# My favorite saying is . . .



## DRT (Jul 9, 2007)

Mine is

He/She is so dumb they could tear up a steel ball with a rubber hammer:wink:


----------



## irefuse (Jan 5, 2006)

My husband's ex-wife has decals on her truck that say "Girls Shoot Better!" ... ha ha ha That's how I knew we'd get along okay. :wink:

For reference, I usually just say "Woman Archer".


----------



## BigBuckBabe (Nov 9, 2007)

big buck babe bbb


----------



## Witchy1 (Jul 10, 2006)

The shop I shoot for, Big River Archery, has pink bumper stickers that say "Silly boys, bows are for girls!" along with the name and web address of the shop.


----------



## FarmGirl7 (Aug 3, 2007)

*Mine is...*

I have a tat on my lower back that is roses and vines, "Country Girl By The Grace Of God" is written/disguised in the vines.


----------



## CountryWoman (Jul 24, 2006)

morgansgirl said:


> I have a tat on my lower back that is roses and vines, "Country Girl By The Grace Of God" is written/disguised in the vines.


That sounds really neat :wink:


----------



## FarmGirl7 (Aug 3, 2007)

CountryWoman said:


> That sounds really neat :wink:


Thanks, I will post a pic if I can get some help. Hard place to take a picture by yourself.:wink:


----------



## turkeygirl (Aug 13, 2006)

Mine is..

"No boys...no problems!" lol

but then that's a general saying of mine anyway if somebody asks me why I don't have a boyfriend


----------



## dkoutdoors_girl (Jun 26, 2007)

I find myself saying to people these days "Yes I Hunt"! So I guess that my saying! :wink:


----------



## Huntin4Elk (Mar 11, 2004)

My license plate on my truck says LDYRCHR


----------



## caliper (Dec 4, 2007)

All I can say is that I live my life on the words people have told me and it goes "something a wise man told me' Unfortunately that man is no longer with us but his memory lives on in my heart. Damn do I wish he were still with us.
Talk about someone having an influence over you and he was not even related to me. I miss him alot as it was this time of year I would see him mostly. Cal


----------



## IA Huntress (Nov 13, 2007)

Witchy1 said:


> The shop I shoot for, Big River Archery, has pink bumper stickers that say "Silly boys, bows are for girls!" along with the name and web address of the shop.

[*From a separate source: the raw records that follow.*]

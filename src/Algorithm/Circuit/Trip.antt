-- ===== src/Algorithm/Circuit/Trip.antt =====
-- The trip round from the station that is answered.
use native.Mathlib.Nat.{mod-eq_of_lt}
use learn_note.Prelude.{
  ℕ, ◌+◌, ◌-◌, ◌≤◌, ◌<◌, ◌==◌, ◌≡◌, ◌⊎◌, inl, inr, refl, ap, ◌∙◌, Bool-cases, false, List, [], ◌∷◌,
  ◌++◌, arith, if-true, if-false, length, take, drop, ltb, min, ltb→lt, take_all, take-append-drop,
}
use learn_note.Algorithm.Dijkstra.{int_max}
use learn_note.Algorithm.Circuit.{Totals, init, pass, drive, nowhere, station, can_complete_circuit}
use learn_note.Algorithm.Circuit.Prefix.{take-append, take-drop, take-take}
use learn_note.Algorithm.Circuit.Lowest.{
  gas, cost, gas-append, cost-append, Inv, drive-Inv, init-Inv,
}

-- The tank never runs out on the way through the stations, from the s-th on and round.
pub Completes : List (ℕ × ℕ) → ℕ → Type 0
Completes xs s = (k : ℕ) → let way = take k (drop s xs ++ take s xs) in cost way ≤ gas way

-- From the lowest point on the tank holds out, if it does on the whole.
lowest-Completes :
    (xs : List (ℕ × ℕ)) (t : Totals) → Inv xs t → cost xs ≤ gas xs → Completes xs t.start
unfolding Completes
lowest-Completes xs t v enough k =
    omega (arith, gas-append front back, cost-append front back, ap gas parts, ap cost parts, held)
  where
    s : ℕ
    s = t.start

    front : List (ℕ × ℕ)
    front = take k (drop s xs)

    back : List (ℕ × ℕ)
    back = take (k - length (drop s xs)) (take s xs)

    parts : take k (drop s xs ++ take s xs) ≡ front ++ back
    parts = take-append k (drop s xs) (take s xs)

    held : cost front + cost back ≤ gas front + gas back
    held = elim (Bool-cases (ltb (length (drop s xs)) k)) [
      | inr first ↦
          let none_left : back ≡ [] =
            ap (λ n. take n (take s xs)) {y = 0} (ground (arith, first)) in
          omega (
            arith,
            ap gas none_left,
            ap cost none_left,
            ap gas (take-drop s k xs),
            ap cost (take-drop s k xs),
            gas-append (take s xs) front,
            cost-append (take s xs) front,
            v.least (s + k),
          )
      | inl beyond ↦
          let rest : front ≡ drop s xs = take_all k (drop s xs) (ground (arith, beyond)) in
          let j = k - length (drop s xs) in
          let round = take-take j s xs in
          omega (
            arith,
            ap gas rest,
            ap cost rest,
            ap gas round,
            ap cost round,
            v.least (min j s),
            gas-append (take s xs) (drop s xs),
            cost-append (take s xs) (drop s xs),
            ap gas (take-append-drop s xs),
            ap cost (take-append-drop s xs),
            enough,
          )
    ]

-- Round the whole circuit the costs are all paid.
whole_trip : (xs : List (ℕ × ℕ)) (s : ℕ) → Completes xs s → cost xs ≤ gas xs
unfolding Completes
whole_trip xs s trip =
    let way = drop s xs ++ take s xs in
    let all : take (length way) way ≡ way = take_all (length way) way (omega arith) in
    omega (
      arith,
      trip (length way),
      ap gas all,
      ap cost all,
      gas-append (drop s xs) (take s xs),
      cost-append (drop s xs) (take s xs),
      gas-append (take s xs) (drop s xs),
      cost-append (take s xs) (drop s xs),
      ap gas (take-append-drop s xs),
      ap cost (take-append-drop s xs),
    )

-- A difference of an `int` and an `int` above 0 is one.
pass-fits :
    (i g c : ℕ) (t : Totals)
    → t.gained + g ≤ int_max
    → t.spent + c ≤ int_max
    → t.overflow ≡ false
    → ((pass i g c t).gained ≡ t.gained + g)
      × ((pass i g c t).spent ≡ t.spent + c)
      × ((pass i g c t).overflow ≡ false)
unfolding pass
pass-fits i g c t f h e = ground (arith, f, h, e)

-- Where all the gas and all the costs are within `int`, no difference leaves it.
drive-fits :
    (i : ℕ) (stations : List (ℕ × ℕ)) (t : Totals)
    → t.gained + gas stations ≤ int_max
    → t.spent + cost stations ≤ int_max
    → t.overflow ≡ false
    → (drive i stations t).overflow ≡ false
unfolding drive
drive-fits i [] t f h e = e
drive-fits i ((g, c) ∷ stations) t f h e =
    let (p, q, r) = pass-fits i g c t (omega (arith, f)) (omega (arith, h)) e in
    drive-fits (i + 1) stations (pass i g c t) (omega (arith, f, p)) (omega (arith, h, q)) r

-- On a circuit of at least one station, whose gas and whose costs each sum up to an `int`, `canCompleteCircuit` answers a station of it from which the tank
-- never runs out on the way round, or -1, and then there is no such station.
pub can_complete_circuit_lem :
    (stations : List (ℕ × ℕ))
    → 0 < length stations
    → gas stations ≤ int_max
    → cost stations ≤ int_max
    → ((s : ℕ) × (can_complete_circuit stations ≡ station s)
        × (s < length stations)
        × Completes stations s)
      ⊎ ((can_complete_circuit stations ≡ nowhere) × ¬ ((s : ℕ) × Completes stations s))
unfolding can_complete_circuit init
can_complete_circuit_lem stations full all_gas all_cost =
    let t = drive 0 stations init in
    let v = drive-Inv 0 [] stations init refl init-Inv in
    let fits : t.overflow ≡ false =
      drive-fits 0 stations init (omega (arith, all_gas)) (omega (arith, all_cost)) refl in
    elim (Bool-cases (ltb t.gained t.spent)) [
      | inl short ↦ inr (
        if-false _ _ fits ∙ if-true _ _ short,
        λ (s, trip). omega (arith, ltb→lt _ _ short, v.gained, v.spent, whole_trip stations s trip),
      )
      | inr enough ↦
          let paid : cost stations ≤ gas stations = ground (arith, enough, v.gained, v.spent) in
          let inside : t.start < length stations = before stations t v paid full in
          let some_stations : (length stations == 0) ≡ false = ground (arith, full) in
          inl (
            t.start,
            if-false _ _ fits
                ∙ if-false _ _ enough
                ∙ if-false _ _ some_stations
                ∙ ap station (mod-eq_of_lt inside),
            inside,
            lowest-Completes stations t v paid,
          )
    ]
  where
    before :
        (xs : List (ℕ × ℕ)) (t : Totals)
        → Inv xs t
        → cost xs ≤ gas xs
        → 0 < length xs
        → t.start < length xs
    before xs t v paid full = elim (Bool-cases (ltb t.start (length xs))) [
      | inl h ↦ ltb→lt _ _ h
      | inr h ↦ elim v.low [
        | inl z ↦ omega (arith, z, full)
        | inr l ↦
            let all : take t.start xs ≡ xs = take_all t.start xs (ground (arith, h)) in
            absurd (omega (arith, l, ap gas all, ap cost all, paid))
      ]
    ]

I love that! How do I get one?


----------



## rcmjr (Jan 31, 2007)

IA Huntress said:


> I love that! How do I get one?


look up WWW.bigriverarchery.net their phone number and hours is on the website.


----------



## IA Huntress (Nov 13, 2007)

dkoutdoors_girl said:


> I find myself saying to people these days "Yes I Hunt"! So I guess that my saying! :wink:


I love that one too! 
I work in the industry and if I answer the phone, they'll start to ask me a question...but then stop half way through and say, "Wait - do you know about this (insert product name)?" Or, "is there someone else I can talk to?"
For whatever reason, they always seem to be amazed when I tell them that not only do I hunt, but I have actually killed something and put my hands on it. My gosh who would have thought...A girl, working in the archery industry who shoots a bow and hunts! I used to get mad, but now I just laugh...


----------



## IA Huntress (Nov 13, 2007)

rcmjr said:


> look up WWW.bigriverarchery.net their phone number and hours is on the website.


Thank you!


----------



## Twinsfan (Aug 9, 2007)

mine is if you arn't first your last. :wink Talladega Nights)lol


----------



## absolutecool (Mar 26, 2006)

I heard a funny the other night at an indoor shoot--guy was walking back with his arrows and he says " I about got the yardage pegged" That was just the funniest thing.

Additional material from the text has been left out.